Providing password parameters should raise error while create_random_password = true

[filip-danieluk]

trafficstars

Description

Default value of parameter create_random_password is true, I have provided my password and yet it was ignored and I found random password in state file. I agree that by default password should be random however it should not be possible to at same time generate random password and provide your own password without raising an error.

Versions

• Module version [Required]:

• Terraform version: Terraform v1.0.0

• Provider version(s):

• provider registry.terraform.io/hashicorp/aws v4.15.1
• provider registry.terraform.io/hashicorp/random v3.2.0

Reproduction Code [Required]

module "rds" {
  source                       = "terraform-aws-modules/rds/aws"
  identifier                   = var.postgres_database_name
  engine                       = "postgres"
  engine_version               = "13.3"
  instance_class               = var.postgres_instance_class
  allocated_storage            = "5"
  max_allocated_storage        = "100"
  storage_encrypted            = true
  performance_insights_enabled = true
  publicly_accessible          = false
  db_name                      = var.postgres_database_name
  username                     = var.postgres_database_user
  create_random_password       = false
  password                     = var.postgres_database_password
  port                         = "5432"
  vpc_security_group_ids       = ["${aws_security_group.sec_grp_rds.id}"]
  maintenance_window           = "Mon:00:00-Mon:03:00"
  backup_window                = "03:00-06:00"
  backup_retention_period      = 30
  create_db_subnet_group       = true
  subnet_ids                   = data.aws_subnet_ids.rds_data_subnets.ids
  family                       = "postgres13"
  copy_tags_to_snapshot        = true
  tags                         = local.tags

  parameters = [
    {
      name  = "rds.force_ssl"
      value = "1"
  }]

  monitoring_interval    = "30"
  create_monitoring_role = true
}

Expected behavior

While password parameter is set and create_random_password = true terraform should raise error or user's password should be used.

Actual behavior

While password parameter is set and create_random_password = true terraform uses random password instead of user's provided one.

[github-actions[bot]]

This issue has been automatically marked as stale because it has been open 30 days with no activity.
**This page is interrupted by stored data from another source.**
-- ===== src/TrainingController/Reconcile/Waits.antt =====
-- `Reconcile` of a training job while one of its checkpoints is pending.
use spot_instance_training_o.Base.{◌≡◌, refl, Bool, true, false, none, String, List, ◌*◌, any}
use spot_instance_training_o.Api.Meta.{is_deleting, Labels}
use spot_instance_training_o.Api.Template.{InstanceTemplate}
use spot_instance_training_o.Api.Training.{SpotInstanceJob}
use spot_instance_training_o.Api.Kube.{Job, Checkpoint}
use spot_instance_training_o.Cluster.Errors.{Result, ok, err, Outcome, second}
use spot_instance_training_o.Cluster.Events.{
  Event, Trace, training_updated, training_status_updated,
}
use spot_instance_training_o.Cluster.Prog.{World, Prog, pure, branch, ◌>>=◌}
use spot_instance_training_o.Cluster.Env.{Env}
use spot_instance_training_o.Cluster.Extends.{Extends, Extends-none, Extends-one}
use spot_instance_training_o.Cluster.Hoare.{
  Yields, Delivers, Preserves, Ensures-pure, Ensures-act, Ensures-bind, Ensures-branch,
  Ensures-ask_of, Keeps-then, Keeps-pure, Keeps-ask, Triple-of, Triple-before,
}
use spot_instance_training_o.TrainingController.Checkpoints.{is_pending, has_pending_checkpoints}
use spot_instance_training_o.TrainingController.Jobs.{fill_unless_pending, reconcile_job_replicas}
use spot_instance_training_o.TrainingController.Status.{update_status}
use spot_instance_training_o.TrainingController.Reconcile.{
  ensure_finalizer, ensure_status, fetch_instance_template, guard_preemption, guard_instances,
  finish, reconcile_replicas, reconcile_ready, reconcile_live, reconcile,
}

-- The list shows a checkpoint that is pending.
abbrev pub shows_pending : Result (List Checkpoint) → Bool
shows_pending (err e) = false
shows_pending (ok cps) = any is_pending cps

-- A write of the training job itself.
abbrev pub IsOwnWrite : Event → Type 0
IsOwnWrite (training_updated sj a) = Unit
IsOwnWrite (training_status_updated sj a) = Unit
IsOwnWrite _ = ⊥

-- The next look is in 30 seconds, unless there is an error.
abbrev pub LooksSoon : Outcome → Type 0
LooksSoon out = out.error ≡ none → out.requeue_after ≡ 30 * second

module _ {C S W : Type 0} (env : Env C S W) (range : List String → W → List String × W)
    (waits : (namespace : String) (labels : Labels) (s : W)
      → shows_pending (env.client.list_checkpoints namespace labels s).0 ≡ true)
    (old : Trace) where
  abbrev Own : Trace → Type 0
  Own = Extends IsOwnWrite old

  has_pending_checkpoints-Waits :
      (sj : SpotInstanceJob)
      → Delivers Own (has_pending_checkpoints env sj) (λ r t. (r ≡ ok true) × Own t)
  unfolding has_pending_checkpoints
  has_pending_checkpoints-Waits sj =
      Ensures-bind {Q = λ a t. (shows_pending a ≡ true) × Own t}
        (Ensures-ask_of (λ a. shows_pending a ≡ true) _ (waits _ _) (λ a t h p. (h, p)))
        elim [
          | err e ↦ Ensures-pure _ (λ t h. absurd (cc (h.0)))
          | ok cps ↦ Ensures-pure _ (λ t h. (rw (h.0) refl, h.1))
        ]

  -- What follows a look at the checkpoints follows one that is pending.
  after_look :
      {A : Type 0} {Q : A → Trace → Type 0} (sj : SpotInstanceJob) (f : Result Bool → Prog W A)
      → Delivers Own (f (ok true)) Q
      → Delivers Own (has_pending_checkpoints env sj >>= f) Q
  after_look sj f h =
      Ensures-bind (has_pending_checkpoints-Waits sj)
        (λ r. Triple-of (λ t p. p.0) (λ same. rw same (Triple-before (λ t p. p.1) h)))

  fill_unless_pending-Waits :
      (sj : SpotInstanceJob) (jobs : List Job) → Preserves ⊥ Own (fill_unless_pending env sj jobs)
  unfolding fill_unless_pending branch pure
  fill_unless_pending-Waits sj jobs = after_look sj _ (Keeps-pure _)

  reconcile_job_replicas-Waits :
      (sj : SpotInstanceJob) → Preserves ⊥ Own (reconcile_job_replicas env sj)
  unfolding reconcile_job_replicas
  reconcile_job_replicas-Waits sj =
      Keeps-then (Keeps-ask _)
        elim [ err e ↦ Keeps-pure _ | ok jobs ↦ fill_unless_pending-Waits sj jobs ]

  update_status-Keeps : (sj : SpotInstanceJob) → Preserves ⊥ Own (update_status env sj)
  unfolding update_status
  update_status-Keeps sj = Keeps-then (Keeps-ask _) elim [
    | err e ↦ Keeps-pure _
    | ok jobs ↦ Ensures-act _ _ (λ a t h. Extends-one IsOwnWrite old _ t tt h)
  ]

  -- An error says nothing of the next look.
  failed-LooksSoon :
      (out : Outcome)
      → (out.error ≡ none → ⊥)
      → Delivers Own (pure {W = W} out) (λ out t. Own t × LooksSoon out)
  failed-LooksSoon out h = Ensures-pure out (λ t p. (p, λ e. absurd (h e)))

  finish-Waits :
      (sj : SpotInstanceJob)
      → Delivers Own (finish env range sj true) (λ out t. Own t × LooksSoon out)
  unfolding finish branch pure
  finish-Waits sj = Keeps-then (reconcile_job_replicas-Waits sj) elim [
    | err e ↦ failed-LooksSoon _ (λ h. cc h)
    | ok _ ↦ Keeps-then (update_status-Keeps sj) elim [
      | err e ↦ failed-LooksSoon _ (λ h. cc h)
      | ok _ ↦ Ensures-pure _ (λ t p. (p, λ _. refl))
    ]
  ]

  reconcile_replicas-Waits :
      (sj : SpotInstanceJob) (template : InstanceTemplate)
      → Delivers Own (reconcile_replicas env range sj template) (λ out t. Own t × LooksSoon out)
  unfolding reconcile_replicas guard_preemption guard_instances branch pure
  reconcile_replicas-Waits sj template = after_look sj _ (
      Keeps-then (Keeps-pure _) elim [
        | err e ↦ failed-LooksSoon _ (λ h. cc h)
        | ok _ ↦ after_look sj _ (
            Keeps-then (Keeps-pure _)
              elim [ err e ↦ failed-LooksSoon _ (λ h. cc h) | ok _ ↦ finish-Waits sj ])
      ])

  reconcile_live-Waits :
      (sj : SpotInstanceJob)
      → Delivers Own (reconcile_live env range sj) (λ out t. Own t × LooksSoon out)
  unfolding reconcile_live ensure_finalizer ensure_status reconcile_ready fetch_instance_template
  reconcile_live-Waits sj =
      Keeps-then
        (Ensures-branch (λ _. Keeps-pure _)
          (λ _. Ensures-act _ _ (λ a t h. Extends-one IsOwnWrite old _ t tt h)))
        elim [
          | err e ↦ failed-LooksSoon _ (λ h. cc h)
          | ok sj' ↦
              Keeps-then
                (Ensures-branch
                  (λ _. Ensures-act _ _ (λ a t h. Extends-one IsOwnWrite old _ t tt h))
                  (λ _. Keeps-pure _))
                elim [
                  | err e ↦ failed-LooksSoon _ (λ h. cc h)
                  | ok sj'' ↦ Keeps-then (Keeps-ask _) elim [
                    | err e ↦ failed-LooksSoon _ (λ h. cc h)
                    | ok template ↦ reconcile_replicas-Waits sj'' template
                  ]
                ]
        ]

  reconcile-Delivers :
      (namespace name : String) (sj : SpotInstanceJob)
      → ((s : W) → (env.client.get_training namespace name s).0 ≡ ok sj)
      → is_deleting sj.meta ≡ false
      → Delivers Own (reconcile env range namespace name) (λ out t. Own t × LooksSoon out)
  unfolding reconcile
  reconcile-Delivers namespace name sj found stays =
      Ensures-bind {Q = λ a t. (a ≡ ok sj) × Own t}
        (Ensures-ask_of (λ a. a ≡ ok sj) _ found (λ a t h p. (h, p)))
        λ a.
          Triple-of (λ t p. p.0)
            (λ same. rw same (
              Triple-before (λ t p. p.1)
                (Ensures-branch (λ deleting. absurd (cc (stays, deleting)))
                  (λ _. reconcile_live-Waits sj))))

-- A training job that is not being deleted, where every `List` of checkpoints shows one that is
-- pending, whatever the other calls answer: `Reconcile` returns, and it writes nothing but the training
-- job itself, so it creates no VM object, no job and no checkpoint and deletes nothing. If it returns
-- no error, it asks to be called again in 30 seconds.
pub reconcile-Waits :
    {C S W : Type 0} (env : Env C S W) (range : List String → W → List String × W)
    (namespace name : String) (sj : SpotInstanceJob) (w : World W)
    → ((namespace : String) (labels : Labels) (s : W)
        → shows_pending (env.client.list_checkpoints namespace labels s).0 ≡ true)
    → ((s : W) → (env.client.get_training namespace name s).0 ≡ ok sj)
    → is_deleting sj.meta ≡ false
    → Yields
        (reconcile env range namespace name w)
        (λ out t. Extends IsOwnWrite w.trace t × LooksSoon out)
reconcile-Waits env range namespace name sj w waits found stays =
    (reconcile-Delivers env range waits w.trace namespace name sj found stays).at w
      (Extends-none IsOwnWrite w.trace w.trace refl)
Remove stale label or comment or this issue will be closed in 10 days

[PowerShellPat]

+1

Commenting to remove stale label.

This should certainly be looked into.

Ran into this after deploying RDS a few times, and noticing a discrepancy between the state's password vs what was set in the implementation.

[ravindrasinghh]

I have tried to create random password from our admin db, please refer below terraform code Example: resource "random_password" "root_password" { length = 16 special = false min_numeric = 5 } resource "aws_db_instance" "db" { depends_on = ["aws_db_subnet_group.default_rds_mssql"] identifier = "${var.environment}-${var.instance_name}" allocated_storage = var.allocated_storage license_model = "license-included" storage_type = var.storage_type engine = var.engine engine_version = var.engine_version instance_class = "${var.instance_class}" multi_az = "${var.multi_az}" username = "${var.mssql_admin_username}" password = aws_ssm_parameter.db_password.value storage_encrypted = var.storage_encrypted kms_key_id = var.storage_encrypted == true ? data.aws_kms_key.db_kms_key.arn : null vpc_security_group_ids = ["${aws_security_group.rds_mssql_security_group.id}"] db_subnet_group_name = "${aws_db_subnet_group.default_rds_mssql.id}" publicly_accessible = var.publicly_accessible backup_retention_period = var.backup_retention_period skip_final_snapshot = "${var.skip_final_snapshot}" final_snapshot_identifier = "${var.environment}-${var.instance_name}-mssql-snapshot" } link: RDS Terraform code LINK

[Blobonat]

It took me quite a while to realize that a password other than the one set via password was being created. For future users, a warning/error message could save some time in troubleshooting.

[bryantbiggs]

Terraform is not a dynamic language - there isn't a way to raise a custom error for something like this

[Blobonat]

At least a hint in the parameter documentation of password would help a lot.

[filip-danieluk]

Or change default value of create_random_password to False?

[dddevis]

I strongly agree that this is incredibly confusing and frustrating behavior. It also took me way too long to realize that my SecretsManager secret wasn't being used for the DB password.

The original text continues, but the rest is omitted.